Tuesday, March 07, 2006

ATT buys BellSouth: Backing into the future

On Monday morning, March 6, 2006, AT&T announced that it will merge with BellSouth, a Baby Bell in a 67 $billion transaction. This was big, potentially market-moving, news, which triggered a flood of comments and analysis. The gist of it was that the old AT&T was back with vengeance and that the further consolidation was preordained.  
While these statements are undoubtedly true they are not necessarily the most pertinent ones.  The emerging AT&T is very different from the old one. For one thing, it is actually a Baby Bell, SBC, which is running the business. And at the time of the break-up, SBC was generally deemed as the one most likely to be consolidated rather than consolidator.
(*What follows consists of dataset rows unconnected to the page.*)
-- ===== src/Timer/Clock.antt =====
-- What cronexpr.go uses of time.Time: an instant to the second, by its calendar date and clock
-- time in a location without changes of its offset, a whole number of hours from UTC, so that
-- Truncate(time.Hour) sets the minute and the second to 0. Years start at 1.
pub mod Order
pub mod Units
use czx.Base.{
  ℕ, zero, suc, ◌+◌, ◌-◌, ◌*◌, ◌/◌, ◌%◌, ◌≤◌, ◌<◌, Bool, true, false, not, ◌&&◌, ◌||◌, ltb, leb,
  ◌==◌, if◌then◌else◌,
}

pub record Time : Type 0 where
  pub year : ℕ
  pub month : ℕ
  pub day : ℕ
  pub hour : ℕ
  pub minute : ℕ
  pub second : ℕ

unfoldable pub is_leap : ℕ → Bool
is_leap y = (y % 4 == 0) && (not (y % 100 == 0) || y % 400 == 0)

-- The days of a month.
unfoldable pub days_in : ℕ → ℕ → ℕ
unfolding is_leap
days_in y m =
    if m == 2
    then (if is_leap y then 29 else 28)
    else if (m == 4) || (m == 6) || (m == 9) || (m == 11)
    then 30
    else 31

unfoldable pub days_before : ℕ → ℕ → ℕ
unfolding days_in
days_before y zero = 0
days_before y (suc zero) = 0
days_before y (suc (suc m)) = days_before y (suc m) + days_in y (suc m)

-- `t.Weekday()`, 0 for Sunday. The first day of year 1 was a Monday.
unfoldable pub weekday : Time → ℕ
unfolding days_before
weekday t =
    let p = t.year - 1 in
    (p * 365 + p / 4 - p / 100 + p / 400 + days_before t.year t.month + t.day) % 7

abbrev next_month : Time → Time
next_month t =
    if t.month == 12
    then record t { year = t.year + 1; month = 1 }
    else record t { month = t.month + 1 }

-- A day past the end of the month is one of the next.
abbrev normal_date : Time → Time
normal_date t =
    let over = t.day - days_in t.year t.month in
    if leb t.day (days_in t.year t.month) then t else record (next_month t) { day = over }

-- `t.AddDate(0, 1, 0)`
unfoldable pub add_month : Time → Time
unfolding days_in
add_month t = normal_date (next_month t)

-- `t.AddDate(0, 0, 1)`
unfoldable pub add_day : Time → Time
unfolding days_in
add_day t = normal_date (record t { day = t.day + 1 })

-- `t.Add(time.Hour)`
unfoldable pub add_hour : Time → Time
unfolding add_day
add_hour t =
    if ltb (t.hour + 1) 24 then record t { hour = t.hour + 1 } else add_day (record t { hour = 0 })

-- `t.Add(time.Minute)`
unfoldable pub add_minute : Time → Time
unfolding add_hour
add_minute t =
    if ltb (t.minute + 1) 60
    then record t { minute = t.minute + 1 }
    else add_hour (record t { minute = 0 })

-- `t.Add(time.Second)`
unfoldable pub add_second : Time → Time
unfolding add_minute
add_second t =
    if ltb (t.second + 1) 60
    then record t { second = t.second + 1 }
    else add_minute (record t { second = 0 })

-- `time.Date(t.Year(), t.Month(), 1, 0, 0, 0, 0, t.Location())`
unfoldable pub month_start : Time → Time
month_start t = record t { day = 1; hour = 0; minute = 0; second = 0 }

-- `time.Date(t.Year(), t.Month(), t.Day(), 0, 0, 0, 0, t.Location())`
unfoldable pub day_start : Time → Time
day_start t = record t { hour = 0; minute = 0; second = 0 }

-- `t.Truncate(time.Hour)`
unfoldable pub hour_start : Time → Time
hour_start t = record t { minute = 0; second = 0 }

-- `t.Truncate(time.Minute)`
unfoldable pub minute_start : Time → Time
minute_start t = record t { second = 0 }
What made the difference was a strategic intent and managerial skill of few people (Ed Whitacre in particular: he may look like a quintessential company man but he is a remarkable business builder). But beyond the corporate identities and human interest stories, the logic of the deal is clearly defensive. And this logic covers not only the declining fixed line business but also the flourishing mobile business. It is the latter that is the key driver behind the deal. As a matter of fact, SBC bought AT&T to get into Cingular and once they have a half-share of it, the merger with the other half-owner (BellSouth) looked unavoidable. This should reduce cost and streamline management. More importantly, it should (in theory at least) help the company focus on the strategic challenges to the mobile business. These challenges include:
  • Technological integration among different mobile standards (GSM, TDMA, CDMA) and the speed of convergence to CDMA (and related technologies)

  • Pricing structures rationalisation in order to increase usage and to prevent

  • Declining ARPU (average revenue per user)
Underlying these challenges lurks a spectre of the wireless high-speed Internet. This is the promise and the menace t of CDMA and other 3G technologies. Much is made of the threat that VOIP (voice over the IP) poses to fixed line telcos business. But the threat is actually as real and economically much more serious to the mobile voice business. And the mobile voice is at present both the cash-cow and the growth driver of the traditional telcos not only in the US but also in Europe. It does not require much of crystal-balling skills to foresee that the VOIP over wireless high-speed internet will cause drastic adjustments in pricing of voice services, similar to the one that broadband Internet imposed on ISPs, forcing them to shift from time-based to fixed-use pricing. To the extent that mobile revenues are much higher and more important than Internet data ever were, the adjustment will be more dramatic and painful.  
Telcos have between eighteen months and three years to put in place alternative pricing structures, based on service and third-party pricing and to further restructure their business. Failing this, we shall witness a destructuring scenario, similar to the one that shook up the computer industry between 1985 and 1995. By the end of this period, none of the major players have survived in its previous incarnation and the sectoral hierarchy was changed beyond recognition with new players (Microsoft, Intel and Dell) becoming market leaders. We can anticipate similar or even bigger upheavals in the telecom domain.